### Exercise
Each entry must be duplicated precisely, with nothing left out.

### Input
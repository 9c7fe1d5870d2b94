-- ===== src/Session/Tests.antt =====
-- The nodes 1 and 2 shake hands, and the first sends a broadcast.
use gwyh.Base.{◌≡◌, ◌++◌, refl, none, some, [], ◌∷◌, ℕ_discrete, arith}
use gwyh.Base.Dict.{Dict, lookup}
use gwyh.External.{Uuid, Bytes, KeyPair, PublicKey}
use gwyh.Peer.{Peer}
use gwyh.Message.{Message, Body, up}
use gwyh.Actor.{PeerKeys, PacketHandlerMessage, call, to_packet_handler, keys_updated}
use gwyh.Samples.{entropy, hashing, node, password}
use gwyh.Samples.Wire.{lru, crypto, crypto-Encrypts, crypto-Codec}
use gwyh.Samples.Handshakers.{hashed, handshaker, password_in, is_recent}
use gwyh.PeerManager.State.{new as new_manager}
use gwyh.PeerManager.Subscriptions.{add_peer}
use gwyh.PeerManager.Invariant.{new-Inv}
use gwyh.Handshaker.State.{Handshaker, new as new_handshaker}
use gwyh.Handshaker.LastSent.{last_status}
use gwyh.Handshaker.Agreement.{handshake_run}
use gwyh.PacketHandler.State.{new as new_packet_handler}
use gwyh.PacketHandler.Send.{encrypt, decrypt}
use gwyh.PacketHandler.Recv.{handle_message}
use gwyh.Session.{PairsMatch, handshake_run-decrypts}

entropy-PairsMatch : PairsMatch crypto-Codec entropy
unfolding crypto-Codec
entropy-PairsMatch n = refl

unknown : (id other : Uuid) → lookup ℕ_discrete id (new_manager (node other)).known ≡ none
unfolding new_manager lookup
unknown id other = refl

handshake_run-decrypts_example :
    let message : Message = record { id = 50; body = Body.broadcast (42 ∷ []) } in
    let ma = new_manager (node 1) in
    let mb = new_manager (node 2) in
    (a' b' : Handshaker) × (bob alice : Peer) × (keys_a keys_b : Dict Uuid PeerKeys)
    × (ours : KeyPair) × (theirs : PublicKey) × (box : Bytes) × (handshake_run entropy entropy
          hashing 10 20 1000 1005 1002 none
          (handshaker 1)
          (handshaker 2)
        ≡ some (a', b'))
    × (last_status a'.io.out ≡ some (record { peer = bob; state = up }))
    × (last_status b'.io.out ≡ some (record { peer = alice; state = up }))
    × ((add_peer entropy bob ma).io.out
        ≡ ma.io.out ++ to_packet_handler call (keys_updated keys_a) ∷ [])
    × ((add_peer entropy alice mb).io.out
        ≡ mb.io.out ++ to_packet_handler call (keys_updated keys_b) ∷ [])
    × (lookup ℕ_discrete 2 keys_a ≡ some (20, ours, theirs))
    × (encrypt crypto message ours theirs 6 ≡ some (box, 6))
    × (decrypt crypto 1 box 6 (
          handle_message crypto lru entropy 2000
            (PacketHandlerMessage.keys_updated keys_b)
            (new_packet_handler lru (node 2)))
        ≡ some message)
unfolding new_handshaker new_manager
handshake_run-decrypts_example =
    handshake_run-decrypts entropy entropy hashing 10 20 1000 1005 1002 none crypto crypto-Codec lru
      (handshaker 1) (handshaker 2) hashed hashed password password (new_manager (node 1))
      (new_manager (node 2)) (new_packet_handler lru (node 2)) 50 (42 ∷ []) 6 2000 (omega arith)
      refl refl password_in password_in password_in password_in is_recent.0 is_recent.1 refl
      entropy-PairsMatch entropy-PairsMatch crypto-Encrypts (new-Inv (node 1)) (new-Inv (node 2))
      (unknown 2 1) (unknown 1 2)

### Result
repository 9c7fe1d5870d2b94
-- ===== src/Session/Tests.antt =====
-- The nodes 1 and 2 shake hands, and the first sends a broadcast.
use gwyh.Base.{◌≡◌, ◌++◌, refl, none, some, [], ◌∷◌, ℕ_discrete, arith}
use gwyh.Base.Dict.{Dict, lookup}
use gwyh.External.{Uuid, Bytes, KeyPair, PublicKey}
use gwyh.Peer.{Peer}
use gwyh.Message.{Message, Body, up}
use gwyh.Actor.{PeerKeys, PacketHandlerMessage, call, to_packet_handler, keys_updated}
use gwyh.Samples.{entropy, hashing, node, password}
use gwyh.Samples.Wire.{lru, crypto, crypto-Encrypts, crypto-Codec}
use gwyh.Samples.Handshakers.{hashed, handshaker, password_in, is_recent}
use gwyh.PeerManager.State.{new as new_manager}
use gwyh.PeerManager.Subscriptions.{add_peer}
use gwyh.PeerManager.Invariant.{new-Inv}
use gwyh.Handshaker.State.{Handshaker, new as new_handshaker}
use gwyh.Handshaker.LastSent.{last_status}
use gwyh.Handshaker.Agreement.{handshake_run}
use gwyh.PacketHandler.State.{new as new_packet_handler}
use gwyh.PacketHandler.Send.{encrypt, decrypt}
use gwyh.PacketHandler.Recv.{handle_message}
use gwyh.Session.{PairsMatch, handshake_run-decrypts}

entropy-PairsMatch : PairsMatch crypto-Codec entropy
unfolding crypto-Codec
entropy-PairsMatch n = refl

unknown : (id other : Uuid) → lookup ℕ_discrete id (new_manager (node other)).known ≡ none
unfolding new_manager lookup
unknown id other = refl

handshake_run-decrypts_example :
    let message : Message = record { id = 50; body = Body.broadcast (42 ∷ []) } in
    let ma = new_manager (node 1) in
    let mb = new_manager (node 2) in
    (a' b' : Handshaker) × (bob alice : Peer) × (keys_a keys_b : Dict Uuid PeerKeys)
    × (ours : KeyPair) × (theirs : PublicKey) × (box : Bytes) × (handshake_run entropy entropy
          hashing 10 20 1000 1005 1002 none
          (handshaker 1)
          (handshaker 2)
        ≡ some (a', b'))
    × (last_status a'.io.out ≡ some (record { peer = bob; state = up }))
    × (last_status b'.io.out ≡ some (record { peer = alice; state = up }))
    × ((add_peer entropy bob ma).io.out
        ≡ ma.io.out ++ to_packet_handler call (keys_updated keys_a) ∷ [])
    × ((add_peer entropy alice mb).io.out
        ≡ mb.io.out ++ to_packet_handler call (keys_updated keys_b) ∷ [])
    × (lookup ℕ_discrete 2 keys_a ≡ some (20, ours, theirs))
    × (encrypt crypto message ours theirs 6 ≡ some (box, 6))
    × (decrypt crypto 1 box 6 (
          handle_message crypto lru entropy 2000
            (PacketHandlerMessage.keys_updated keys_b)
            (new_packet_handler lru (node 2)))
        ≡ some message)
unfolding new_handshaker new_manager
handshake_run-decrypts_example =
    handshake_run-decrypts entropy entropy hashing 10 20 1000 1005 1002 none crypto crypto-Codec lru
      (handshaker 1) (handshaker 2) hashed hashed password password (new_manager (node 1))
      (new_manager (node 2)) (new_packet_handler lru (node 2)) 50 (42 ∷ []) 6 2000 (omega arith)
      refl refl password_in password_in password_in password_in is_recent.0 is_recent.1 refl
      entropy-PairsMatch entropy-PairsMatch crypto-Encrypts (new-Inv (node 1)) (new-Inv (node 2))
      (unknown 2 1) (unknown 1 2)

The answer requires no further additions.